_WHAT IS EXPECTED_. Give the number of lines in the data below that contain "arith", with no other words.

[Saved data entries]

══════

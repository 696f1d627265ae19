-- ===== src/Bench/Browser.antt =====
-- `trial` of veil-core/scripts/browser_shapes.py: a browser's requests, alone, through the proxies or
-- at their fallback, with a group of captures in between.
pub mod Laws
use project_veil.Prelude.{
  ℕ, Bool, true, false, List, [], ◌∷◌, ◌++◌, Option, none, some, Text, codes, decimal, Result, ok,
  err, runtime_error, length, ltb, ◌==◌, text_eq, if◌then◌else◌,
}
use project_veil.Exec.Calls.{
  mkdir, popen, communicate, kill_group, loads, free_port, tap_port, close_tap, group_errors,
  group_items,
}
use project_veil.Exec.{
  Exec, pure, lift, ◌>>=◌, ◌>>◌, check, ask, start, wait_for, gets, map_each, try_finally,
  try_except, scoped,
}
use project_veil.Exec.Keeps.{is_lookup}
use project_veil.Exec.{to_rmtree}
use project_veil.Bench.Json.{Json, text, boolean, get_key, set_key, set_inner, update}
use project_veil.Bench.Completion.{Stats}
use project_veil.Bench.Configurations.{Fixture}
use project_veil.Bench.Processes.{wait_port, stop_all}
use project_veil.Bench.Peers.{configure, with_binary, edit_json, read_stats}
use project_veil.Bench.Stack.{exit_stack, callback, launch_stacked, open_stacked_group}
use project_veil.Tls.Group.{Connection, result}

pub record Job : Type 0 where
  pub root : Text
  pub fixture : Fixture
  pub browser : Text
  pub spki : Text
  pub group : Text
  pub binaries : Text
  pub website : ℕ
  pub parallel : Bool
  pub folder : Text
  pub delay_ms : ℕ

pub record Row : Type 0 where
  pub browser : Json
  pub connections : List Connection
  pub proxy_stats : List (Text × Stats)

-- Where the browser connects, through which proxy, and the captures in between.
pub record Route : Type 0 where
  pub tap : ℕ
  pub endpoint : ℕ
  pub proxy : List Text

-- The change of a role's document.
unfoldable pub set_names : Bool → Json → Result Json
set_names is_client cfg = elim (get_key (codes "tls") cfg) [
  | err e ↦ err e
  | ok tls ↦
      elim (update
        ((codes "server_name", text (codes "localhost"))
          ∷ (codes "record_padding", boolean true)
          ∷ [])
        tls) [
          | err e ↦ err e
          | ok tls' ↦ elim (set_key (codes "tls") tls' cfg) [
            | err e ↦ err e
            | ok cfg' ↦
                if is_client
                then set_inner (codes "tls") (codes "fingerprint") (text (codes "chrome149")) cfg'
                else ok cfg'
          ]
        ]
]

unfoldable pub through_client : Job → ℕ → ℕ → List Text → Exec Route
through_client j tap cp cc = do
  port ← ask (tap_port tap)
  edit_json (j.fixture.folder ++ codes "/client.json")
      (set_key (codes "server") (text (codes "127.0.0.1:" ++ decimal port)))
  client ← launch_stacked j.folder cc
  wait_port cp client
  pure (record {
    tap = tap;
    endpoint = j.website;
    proxy = codes "--proxy" ∷ (codes "127.0.0.1:" ++ decimal cp) ∷ [];
  })

unfoldable pub at_tap : ℕ → Exec Route
at_tap tap = do port ← ask (tap_port tap); pure (record { tap = tap; endpoint = port; proxy = [] })

unfoldable pub through_server : Job → Exec Route
unfolding set_names through_client at_tap
through_server j = do
  sp ← ask free_port
  cp ← ask free_port
  (sc, cc) ← configure j.root j.fixture (codes "veil-opt-reality") sp cp j.website
  edit_json (j.fixture.folder ++ codes "/client.json") (set_names true)
  edit_json (j.fixture.folder ++ codes "/server.json") (set_names false)
  server ← launch_stacked j.folder (with_binary (j.binaries ++ codes "/veil-openssl") sc)
  wait_port sp server
  tap ← open_stacked_group sp j.delay_ms
  if text_eq j.group (codes "fallback")
      then at_tap tap
      else through_client j tap cp (with_binary (j.binaries ++ codes "/veil-batch") cc)

unfoldable pub open_route : Job → Exec Route
unfolding through_server
open_route j =
    if text_eq j.group (codes "https")
    then open_stacked_group j.website j.delay_ms >>= at_tap
    else through_server j

unfoldable pub browser_command : Job → Route → List Text
browser_command j r =
    codes "node"
    ∷ (j.root ++ codes "/scripts/browser_peer.mjs")
    ∷ codes "--role"
    ∷ codes "browser"
    ∷ codes "--browser"
    ∷ j.browser
    ∷ codes "--profile"
    ∷ (j.folder ++ codes "/profile")
    ∷ codes "--log"
    ∷ (j.folder ++ codes "/browser.log")
    ∷ codes "--spki"
    ∷ j.spki
    ∷ codes "--url"
    ∷ (codes "https://localhost:"
        ++ (decimal r.endpoint
            ++ (codes "/run?parallel=" ++ (if j.parallel then codes "1" else codes "0"))))
    ∷ r.proxy

unfoldable pub talk : ℕ → Exec Json
talk driver = do
  (code, output) ← ask (communicate driver 35)
  check (code == 0) (runtime_error (codes "browser driver exited " ++ decimal code))
  ask (loads output)

-- The driver's `finally` block.
unfoldable pub end_group : ℕ → Exec (Unit {0})
end_group driver =
    try_except (ask (kill_group driver)) is_lookup (λ _. pure tt)
    >> (wait_for driver none >>= λ _. pure tt)

unfoldable pub drive : List Text → Exec Json
unfolding talk end_group
drive cmd = start (popen cmd none) >>= λ driver. try_finally (talk driver) (end_group driver)

-- Which log tells of which role.
unfoldable pub roles : Text → List (Text × Text)
roles group =
    if text_eq group (codes "https")
    then []
    else if text_eq group (codes "fallback")
    then (codes "/process-0.log", codes "server") ∷ []
    else (codes "/process-0.log", codes "server") ∷ (codes "/process-1.log", codes "client") ∷ []

unfoldable pub role_stats : Text → Text × Text → Exec (Text × Stats)
role_stats folder (log, role) = do
  m ← read_stats (folder ++ log) (codes "missing proxy completion counters")
  pure (role, m)

unfoldable pub body : (ℕ → ℕ → ℕ) → Job → Exec Row
unfolding open_route browser_command drive roles role_stats
body elapsed_ms j = do
  callback (to_rmtree (j.folder ++ codes "/profile"))
  route ← open_route j
  browser ← drive (browser_command j route)
  procs ← gets (λ l. l.procs)
  stop_all procs
  ask (close_tap route.tap)
  errors ← ask (group_errors route.tap)
  items ← ask (group_items route.tap)
  captured ← lift (result elapsed_ms errors items)
  check (ltb 0 (length captured)) (runtime_error (codes "browser traffic bypassed capture"))
  stats ← map_each (roles j.group) (role_stats j.folder)
  pure (record { browser = browser; connections = captured; proxy_stats = stats })

unfoldable pub trial : (ℕ → ℕ → ℕ) → Job → Exec Row
unfolding body
trial elapsed_ms j = ask (mkdir j.folder) >> scoped (exit_stack (body elapsed_ms j))
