-- ===== src/Exec/Finally.antt =====
-- Cleanup: an action that ends the processes it is given, and a function that loses none.
use project_veil.Prelude.{
  ℕ, suc, ◌≡◌, refl, ◌∙◌, ap, true, false, List, [], ◌∷◌, ◌++◌, inl, inr, Result, ok, err, arith,
  Result-cases,
}
use project_veil.Exec.Calls.{Call, made}
use project_veil.Exec.{
  Locals, no_locals, State, Exec, pure, ◌>>=◌, ◌>>◌, continue, ask, gets, for_each, try_finally,
  scoped, start,
}
use project_veil.Exec.Held.{mem, mem-append}
use project_veil.Exec.Keeps.{is_ok, Docile, Covers, Keeps}

-- From one state to a later one: the processes `ps` have ended, none was started, and the local
-- variables are as they were.
pub record Ended (ps : List ℕ) (s s' : State) : Type 1 where
  pub docile : Docile s'.system
  pub locals : s'.locals ≡ s.locals
  pub fewer : (h : ℕ) → mem h s'.held ≡ true → mem h s.held ≡ true
  pub gone : (h : ℕ) → mem h s'.held ≡ true → mem h ps ≡ false

-- The action ends `ps`, and raises nothing.
pub record Releases (ps : List ℕ) (m : Exec (Unit {0})) : Type 1 where
  pub returns : (s : State) → Docile s.system → (m s).0 ≡ ok tt
  pub ends : (s : State) → Docile s.system → Ended ps s (m s).1

Ended-refl : (s : State) → Docile s.system → Ended [] s s
unfolding mem
Ended-refl s d = record { docile = d; locals = refl; fewer = λ h m. m; gone = λ h m. refl }

pub Ended-trans :
    (ps qs : List ℕ) (s t u : State) → Ended ps s t → Ended qs t u → Ended (ps ++ qs) s u
Ended-trans ps qs s t u a b = record {
  docile = b.docile;
  locals = b.locals ∙ a.locals;
  fewer = λ h m. a.fewer h (b.fewer h m);
  gone = λ h m. ground (arith, mem-append h ps qs, a.gone h (b.fewer h m), b.gone h m);
}

pub Releases-pure : Releases [] (pure tt)
unfolding pure
Releases-pure = record { returns = λ s d. refl; ends = λ s d. Ended-refl s d }

-- A call of the system that is known to return.
pub Releases-ask :
    {A : Type 0} (c : Call A) (m : A → Exec (Unit {0}))
    → ((s : State) → Docile s.system → is_ok (s.system.answer s.history c) ≡ true)
    → (ps : List ℕ) → ((r : A) → Releases ps (m r))
    → Releases ps (ask c >>= m)
unfolding ask ◌>>=◌
Releases-ask c m fine ps rm = record {
  returns = λ s d. elim (Result-cases (s.system.answer s.history c)) [
    | inl (r, e) ↦ rw (e, continue) ((rm r).returns _ d)
    | inr (x, e) ↦ let h = fine s d in let h' = rw e at h in cc
  ];
  ends = λ s d. elim (Result-cases (s.system.answer s.history c)) [
    | inl (r, e) ↦
        let b = (rm r).ends (record s { history = s.history ++ made c ∷ [] }) d in
        rw (e, continue)
          (record { docile = b.docile; locals = b.locals; fewer = b.fewer; gone = b.gone })
    | inr (x, e) ↦ let h = fine s d in let h' = rw e at h in cc
  ];
}

pub Releases-then :
    (ps qs : List ℕ) (m n : Exec (Unit {0}))
    → Releases ps m
    → Releases qs n
    → Releases (ps ++ qs) (m >> n)
unfolding ◌>>=◌
Releases-then ps qs m n rm rn = record {
  returns = λ s d. rw (rm.returns s d, continue) (rn.returns (m s).1 (rm.ends s d).docile);
  ends = λ s d.
      rw (rm.returns s d, continue)
        (Ended-trans ps qs s (m s).1 (n (m s).1).1 (rm.ends s d)
          (rn.ends (m s).1 (rm.ends s d).docile));
}

abbrev pub all_of : {A : Type 0} → (A → List ℕ) → List A → List ℕ
all_of f [] = []
all_of f (x ∷ xs) = f x ++ all_of f xs

pub Releases-for_each :
    {A : Type 0} (f : A → List ℕ) (m : A → Exec (Unit {0})) (xs : List A)
    → ((x : A) → Releases (f x) (m x))
    → Releases (all_of f xs) (for_each xs m)
unfolding for_each
Releases-for_each f m [] r = Releases-pure
Releases-for_each f m (x ∷ xs) r =
    Releases-then (f x) (all_of f xs) (m x) (for_each xs m) (r x) (Releases-for_each f m xs r)

-- Whatever runs after the action was running before.
pub record Contained {A : Type 0} (m : Exec A) : Type 1 where
  pub docile : (s : State) → Docile s.system → Docile (m s).1.system
  pub contained :
      (s : State) → Docile s.system → (h : ℕ) → mem h (m s).1.held ≡ true → mem h s.held ≡ true

-- The body of a function starts with no process of its own.
pub Covers-begin :
    (own : Locals → List ℕ) (s : State)
    → Docile s.system
    → Covers own s.held (record s { locals = no_locals })
Covers-begin own s d = record { docile = d; covered = λ h m. ground (arith, m) }

-- `try: m  finally: f`, where the cleanup `f` of the variables ends all that the body may leave.
pub Contained-try_finally :
    {A : Type 0} (own : Locals → List ℕ) (m : Exec A) (f : Locals → Exec (Unit {0}))
    → ((before : List ℕ) → Keeps own before m)
    → ((l : Locals) → Releases (own l) (f l))
    → Contained (scoped (try_finally m (gets (λ l. l) >>= f)))
unfolding scoped try_finally gets ◌>>=◌
Contained-try_finally own m f km rf = record {
  docile = λ s d.
      let s' = (m (record s { locals = no_locals })).1 in
      ((rf s'.locals).ends s' ((km s.held).at _ (Covers-begin own s d)).docile).docile;
  contained = λ s d h k.
      let s' = (m (record s { locals = no_locals })).1 in
      let c = (km s.held).at _ (Covers-begin own s d) in
      let e = (rf s'.locals).ends s' c.docile in
      ground (arith, c.covered h (e.fewer h k), e.gone h k);
}

pub Contained-ask : {A : Type 0} (c : Call A) → Contained (ask c)
unfolding ask
Contained-ask c = record { docile = λ s d. d; contained = λ s d h k. k }

continue_docile :
    {A B : Type 0} (r : Result A) (f : A → Exec B) (s : State)
    → ((a : A) → Contained (f a))
    → Docile s.system
    → Docile (continue r f s).1.system
continue_docile (ok a) f s cf d = (cf a).docile s d
continue_docile (err e) f s cf d = d

continue-Contained :
    {A B : Type 0} (r : Result A) (f : A → Exec B) (s : State)
    → ((a : A) → Contained (f a))
    → Docile s.system
    → (h : ℕ) → mem h (continue r f s).1.held ≡ true
    → mem h s.held ≡ true
continue-Contained (ok a) f s cf d h k = (cf a).contained s d h k
continue-Contained (err e) f s cf d h k = k

pub Contained-bind :
    {A B : Type 0} (m : Exec A) (f : A → Exec B)
    → Contained m
    → ((a : A) → Contained (f a))
    → Contained (m >>= f)
unfolding ◌>>=◌
Contained-bind m f cm cf = record {
  docile = λ s d. let (r, s') = m s in continue_docile r f s' cf (cm.docile s d);
  contained = λ s d h k.
      let (r, s') = m s in cm.contained s d h (continue-Contained r f s' cf (cm.docile s d) h k);
}

-- A process that is started under a `try` of its own, whose `finally` ends it.
pub Keeps-start_finally :
    {A : Type 0} (own : Locals → List ℕ) (before : List ℕ) (c : Call (Unit {0})) (m : ℕ → Exec A)
    (f : ℕ → Exec (Unit {0}))
    → ((p : ℕ) → Keeps (λ l. p ∷ own l) before (m p))
    → ((p : ℕ) → Releases (p ∷ []) (f p))
    → Keeps own before (start c >>= λ p. try_finally (m p) (f p))
unfolding start ◌>>=◌ try_finally mem
Keeps-start_finally own before c m f km rf = record {
  at = λ s k. elim (Result-cases (s.system.answer s.history c)) [
    | inl (u, e) ↦
        let p = s.next in
        let t : State = record s {
          held = p ∷ s.held;
          next = suc p;
          history = s.history ++ made c ∷ [];
        } in
        let k' : Covers (λ l. p ∷ own l) before t = record {
          docile = k.docile;
          covered = λ h i. ground (arith, i, k.covered h);
        } in
        let j = (km p).at t k' in
        let fin = (rf p).ends (m p t).1 j.docile in
        rw (e, continue, start)
          (record {
            docile = fin.docile;
            covered = λ h i.
                let was = j.covered h (fin.fewer h i) in
                let here = ap (λ l. mem h (own l)) fin.locals in
                ground (arith, was, here, fin.gone h i);
          })
    | inr (x, e) ↦ rw (e, continue, start) (record { docile = k.docile; covered = k.covered })
  ];
}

══════

_RESPONSE_. 6